WHAT YOU WILL DO:
Go through the records and report each line holding the string "true".
++++
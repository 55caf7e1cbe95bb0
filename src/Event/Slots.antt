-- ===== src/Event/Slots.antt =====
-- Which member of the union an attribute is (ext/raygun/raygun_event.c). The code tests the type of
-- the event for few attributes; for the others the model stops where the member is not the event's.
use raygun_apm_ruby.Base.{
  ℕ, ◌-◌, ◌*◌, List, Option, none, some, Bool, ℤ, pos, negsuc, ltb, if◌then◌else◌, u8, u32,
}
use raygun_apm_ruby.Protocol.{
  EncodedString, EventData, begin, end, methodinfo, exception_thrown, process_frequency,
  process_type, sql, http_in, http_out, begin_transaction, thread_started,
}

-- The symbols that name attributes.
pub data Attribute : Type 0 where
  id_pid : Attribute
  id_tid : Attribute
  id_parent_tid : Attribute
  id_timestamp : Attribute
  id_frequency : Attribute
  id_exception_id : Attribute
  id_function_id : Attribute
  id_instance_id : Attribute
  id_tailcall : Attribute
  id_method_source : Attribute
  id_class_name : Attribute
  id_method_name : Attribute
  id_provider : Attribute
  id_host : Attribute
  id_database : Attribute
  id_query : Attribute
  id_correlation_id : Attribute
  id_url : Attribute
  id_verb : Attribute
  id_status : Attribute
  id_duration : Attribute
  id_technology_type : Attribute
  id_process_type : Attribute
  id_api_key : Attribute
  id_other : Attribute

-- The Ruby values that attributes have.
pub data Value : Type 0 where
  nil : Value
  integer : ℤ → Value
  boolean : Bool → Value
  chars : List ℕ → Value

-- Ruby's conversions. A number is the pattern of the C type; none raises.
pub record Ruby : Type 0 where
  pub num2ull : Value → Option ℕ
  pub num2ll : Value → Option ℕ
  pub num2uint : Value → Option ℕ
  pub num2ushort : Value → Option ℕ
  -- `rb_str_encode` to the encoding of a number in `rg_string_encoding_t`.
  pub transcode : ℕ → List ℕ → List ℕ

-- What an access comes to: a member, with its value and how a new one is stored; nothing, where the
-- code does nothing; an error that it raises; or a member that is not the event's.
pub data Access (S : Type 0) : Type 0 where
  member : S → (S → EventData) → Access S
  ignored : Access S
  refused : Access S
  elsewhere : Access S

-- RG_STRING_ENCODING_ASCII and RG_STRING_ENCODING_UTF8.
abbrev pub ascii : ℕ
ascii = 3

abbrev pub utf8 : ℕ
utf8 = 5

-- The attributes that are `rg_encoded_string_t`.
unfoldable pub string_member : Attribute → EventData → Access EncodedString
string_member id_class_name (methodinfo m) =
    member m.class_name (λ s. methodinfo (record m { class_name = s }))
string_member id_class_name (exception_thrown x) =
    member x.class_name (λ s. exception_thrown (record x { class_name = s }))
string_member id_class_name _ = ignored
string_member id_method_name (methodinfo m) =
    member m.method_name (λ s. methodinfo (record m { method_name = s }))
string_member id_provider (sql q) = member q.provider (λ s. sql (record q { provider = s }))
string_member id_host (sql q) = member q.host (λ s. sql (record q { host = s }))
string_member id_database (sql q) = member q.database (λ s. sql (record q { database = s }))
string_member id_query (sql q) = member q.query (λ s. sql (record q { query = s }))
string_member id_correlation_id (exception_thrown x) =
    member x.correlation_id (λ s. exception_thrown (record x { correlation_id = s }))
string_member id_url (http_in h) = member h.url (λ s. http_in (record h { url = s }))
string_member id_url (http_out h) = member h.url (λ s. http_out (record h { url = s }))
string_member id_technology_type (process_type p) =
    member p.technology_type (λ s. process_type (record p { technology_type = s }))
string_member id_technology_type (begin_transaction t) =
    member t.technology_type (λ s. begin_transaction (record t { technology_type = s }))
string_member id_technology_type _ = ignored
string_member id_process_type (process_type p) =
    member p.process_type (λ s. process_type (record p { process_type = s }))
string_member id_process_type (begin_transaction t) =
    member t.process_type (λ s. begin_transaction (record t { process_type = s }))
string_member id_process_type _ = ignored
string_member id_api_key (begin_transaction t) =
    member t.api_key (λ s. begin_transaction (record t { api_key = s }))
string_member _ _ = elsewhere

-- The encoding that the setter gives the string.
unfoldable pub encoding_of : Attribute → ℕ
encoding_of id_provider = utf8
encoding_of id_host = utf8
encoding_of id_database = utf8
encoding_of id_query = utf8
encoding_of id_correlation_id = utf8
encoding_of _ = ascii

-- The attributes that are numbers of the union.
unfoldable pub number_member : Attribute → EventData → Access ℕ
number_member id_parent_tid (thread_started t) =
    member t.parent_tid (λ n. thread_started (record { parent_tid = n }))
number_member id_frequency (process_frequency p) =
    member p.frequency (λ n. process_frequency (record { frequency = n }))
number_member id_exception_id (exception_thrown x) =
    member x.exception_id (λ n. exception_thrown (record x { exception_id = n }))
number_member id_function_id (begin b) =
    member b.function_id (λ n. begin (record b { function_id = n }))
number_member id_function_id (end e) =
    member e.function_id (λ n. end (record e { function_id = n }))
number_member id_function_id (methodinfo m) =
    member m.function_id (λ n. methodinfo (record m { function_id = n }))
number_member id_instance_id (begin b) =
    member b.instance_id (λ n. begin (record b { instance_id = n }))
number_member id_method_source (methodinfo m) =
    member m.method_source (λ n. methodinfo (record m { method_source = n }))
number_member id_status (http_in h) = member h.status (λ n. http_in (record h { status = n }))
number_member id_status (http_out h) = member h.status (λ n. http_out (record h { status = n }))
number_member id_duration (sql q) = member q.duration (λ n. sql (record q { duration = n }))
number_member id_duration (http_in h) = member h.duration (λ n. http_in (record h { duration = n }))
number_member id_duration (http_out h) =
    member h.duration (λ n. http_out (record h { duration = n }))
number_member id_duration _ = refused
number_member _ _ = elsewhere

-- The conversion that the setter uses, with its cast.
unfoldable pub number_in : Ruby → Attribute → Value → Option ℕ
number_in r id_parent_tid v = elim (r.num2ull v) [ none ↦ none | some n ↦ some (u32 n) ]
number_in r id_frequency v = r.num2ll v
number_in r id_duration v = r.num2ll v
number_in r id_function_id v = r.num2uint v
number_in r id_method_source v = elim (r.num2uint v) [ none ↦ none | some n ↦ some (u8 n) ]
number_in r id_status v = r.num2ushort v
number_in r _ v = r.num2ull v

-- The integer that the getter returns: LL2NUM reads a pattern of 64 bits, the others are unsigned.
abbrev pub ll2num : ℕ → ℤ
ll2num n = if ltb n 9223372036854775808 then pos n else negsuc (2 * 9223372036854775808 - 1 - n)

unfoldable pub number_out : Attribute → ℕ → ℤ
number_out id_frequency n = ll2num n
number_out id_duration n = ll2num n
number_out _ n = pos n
++++
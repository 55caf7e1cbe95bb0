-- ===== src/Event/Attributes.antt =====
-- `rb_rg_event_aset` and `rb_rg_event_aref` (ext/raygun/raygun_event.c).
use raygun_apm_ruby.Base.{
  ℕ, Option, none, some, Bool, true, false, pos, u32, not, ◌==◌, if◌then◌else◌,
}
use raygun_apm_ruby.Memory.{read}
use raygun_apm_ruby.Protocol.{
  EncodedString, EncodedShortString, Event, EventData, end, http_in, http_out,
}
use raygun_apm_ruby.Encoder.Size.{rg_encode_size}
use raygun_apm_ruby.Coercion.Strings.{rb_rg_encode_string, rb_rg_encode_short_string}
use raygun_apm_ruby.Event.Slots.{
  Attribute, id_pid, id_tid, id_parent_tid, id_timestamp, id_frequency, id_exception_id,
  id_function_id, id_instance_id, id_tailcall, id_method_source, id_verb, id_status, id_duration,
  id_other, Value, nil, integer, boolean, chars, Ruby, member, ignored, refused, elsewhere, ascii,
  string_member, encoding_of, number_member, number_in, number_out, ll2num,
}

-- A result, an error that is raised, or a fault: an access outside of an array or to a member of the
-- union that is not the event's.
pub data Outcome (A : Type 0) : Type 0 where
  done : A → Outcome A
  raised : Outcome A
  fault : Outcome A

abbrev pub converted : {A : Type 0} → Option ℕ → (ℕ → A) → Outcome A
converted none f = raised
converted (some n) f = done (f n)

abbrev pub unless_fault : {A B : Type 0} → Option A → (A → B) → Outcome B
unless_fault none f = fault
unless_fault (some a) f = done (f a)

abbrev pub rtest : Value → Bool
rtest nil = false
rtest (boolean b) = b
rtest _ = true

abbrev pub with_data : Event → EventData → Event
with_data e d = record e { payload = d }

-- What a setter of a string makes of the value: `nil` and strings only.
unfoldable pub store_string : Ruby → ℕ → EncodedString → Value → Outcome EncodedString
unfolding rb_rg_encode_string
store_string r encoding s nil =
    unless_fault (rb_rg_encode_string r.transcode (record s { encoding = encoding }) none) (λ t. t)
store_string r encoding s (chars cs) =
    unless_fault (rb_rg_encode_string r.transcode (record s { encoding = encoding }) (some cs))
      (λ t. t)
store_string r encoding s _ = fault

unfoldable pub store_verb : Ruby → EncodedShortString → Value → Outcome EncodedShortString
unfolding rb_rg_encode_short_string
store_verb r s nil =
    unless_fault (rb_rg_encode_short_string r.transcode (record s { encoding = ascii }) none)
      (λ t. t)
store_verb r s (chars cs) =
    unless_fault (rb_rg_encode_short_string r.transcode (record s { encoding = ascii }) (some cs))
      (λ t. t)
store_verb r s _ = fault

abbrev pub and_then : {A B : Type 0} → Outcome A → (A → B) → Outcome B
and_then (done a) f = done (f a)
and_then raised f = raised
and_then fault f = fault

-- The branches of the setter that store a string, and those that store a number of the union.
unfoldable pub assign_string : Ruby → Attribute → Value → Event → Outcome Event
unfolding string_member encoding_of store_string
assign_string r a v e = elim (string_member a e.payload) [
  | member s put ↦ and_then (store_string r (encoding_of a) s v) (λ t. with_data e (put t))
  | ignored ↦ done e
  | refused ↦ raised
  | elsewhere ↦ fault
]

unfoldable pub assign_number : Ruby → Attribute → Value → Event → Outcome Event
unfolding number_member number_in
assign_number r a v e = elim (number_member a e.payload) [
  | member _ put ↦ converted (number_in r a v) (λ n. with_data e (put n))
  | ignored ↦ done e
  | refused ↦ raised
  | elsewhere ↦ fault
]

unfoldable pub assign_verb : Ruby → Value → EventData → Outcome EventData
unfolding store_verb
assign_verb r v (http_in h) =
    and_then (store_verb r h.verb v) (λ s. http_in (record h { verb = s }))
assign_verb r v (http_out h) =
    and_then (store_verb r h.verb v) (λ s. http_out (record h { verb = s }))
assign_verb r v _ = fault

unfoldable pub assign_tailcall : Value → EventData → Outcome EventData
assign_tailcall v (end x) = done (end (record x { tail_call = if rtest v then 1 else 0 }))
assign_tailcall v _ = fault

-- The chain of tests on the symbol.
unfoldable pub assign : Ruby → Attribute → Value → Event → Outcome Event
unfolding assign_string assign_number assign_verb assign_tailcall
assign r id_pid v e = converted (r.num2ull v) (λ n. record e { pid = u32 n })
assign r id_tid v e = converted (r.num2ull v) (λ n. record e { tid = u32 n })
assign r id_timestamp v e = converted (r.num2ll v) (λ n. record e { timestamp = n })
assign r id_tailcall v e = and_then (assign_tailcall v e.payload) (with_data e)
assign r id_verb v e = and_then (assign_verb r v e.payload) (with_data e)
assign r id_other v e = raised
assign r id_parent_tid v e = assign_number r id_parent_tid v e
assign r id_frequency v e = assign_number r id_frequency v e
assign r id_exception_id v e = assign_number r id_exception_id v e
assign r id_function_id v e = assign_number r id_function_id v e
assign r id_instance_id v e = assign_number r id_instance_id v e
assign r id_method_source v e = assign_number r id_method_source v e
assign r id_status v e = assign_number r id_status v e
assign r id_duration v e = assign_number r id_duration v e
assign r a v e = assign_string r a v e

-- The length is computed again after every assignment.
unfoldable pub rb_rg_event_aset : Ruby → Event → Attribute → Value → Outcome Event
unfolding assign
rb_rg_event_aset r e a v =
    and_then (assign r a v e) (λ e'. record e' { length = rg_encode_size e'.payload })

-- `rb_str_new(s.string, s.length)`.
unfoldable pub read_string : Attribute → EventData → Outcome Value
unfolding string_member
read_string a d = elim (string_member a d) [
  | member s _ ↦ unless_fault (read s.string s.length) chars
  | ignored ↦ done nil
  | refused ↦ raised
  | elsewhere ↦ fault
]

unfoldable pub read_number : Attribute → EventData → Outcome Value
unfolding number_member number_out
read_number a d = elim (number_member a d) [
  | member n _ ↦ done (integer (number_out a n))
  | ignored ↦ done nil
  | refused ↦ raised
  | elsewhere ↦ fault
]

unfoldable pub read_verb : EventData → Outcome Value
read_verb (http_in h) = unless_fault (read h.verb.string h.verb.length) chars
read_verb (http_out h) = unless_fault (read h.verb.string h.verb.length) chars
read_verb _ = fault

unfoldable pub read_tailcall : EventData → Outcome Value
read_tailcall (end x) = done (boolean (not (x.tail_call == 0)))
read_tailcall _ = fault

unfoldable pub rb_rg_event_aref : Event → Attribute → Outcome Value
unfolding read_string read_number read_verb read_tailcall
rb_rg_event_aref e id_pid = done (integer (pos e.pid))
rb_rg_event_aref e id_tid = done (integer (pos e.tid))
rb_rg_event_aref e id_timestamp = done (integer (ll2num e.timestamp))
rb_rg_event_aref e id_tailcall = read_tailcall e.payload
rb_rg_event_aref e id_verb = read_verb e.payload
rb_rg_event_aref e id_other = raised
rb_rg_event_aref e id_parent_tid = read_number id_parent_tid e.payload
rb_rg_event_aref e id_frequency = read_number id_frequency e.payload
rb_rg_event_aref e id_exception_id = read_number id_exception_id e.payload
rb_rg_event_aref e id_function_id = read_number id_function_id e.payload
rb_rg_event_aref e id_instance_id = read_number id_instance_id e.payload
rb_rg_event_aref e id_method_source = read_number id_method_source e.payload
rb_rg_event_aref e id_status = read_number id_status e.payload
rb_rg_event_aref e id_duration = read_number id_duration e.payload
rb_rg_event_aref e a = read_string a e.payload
++++
EXPECTED ANSWER:
  ℕ, Option, none, some, Bool, true, false, pos, u32, not, ◌==◌, if◌then◌else◌,
rtest _ = true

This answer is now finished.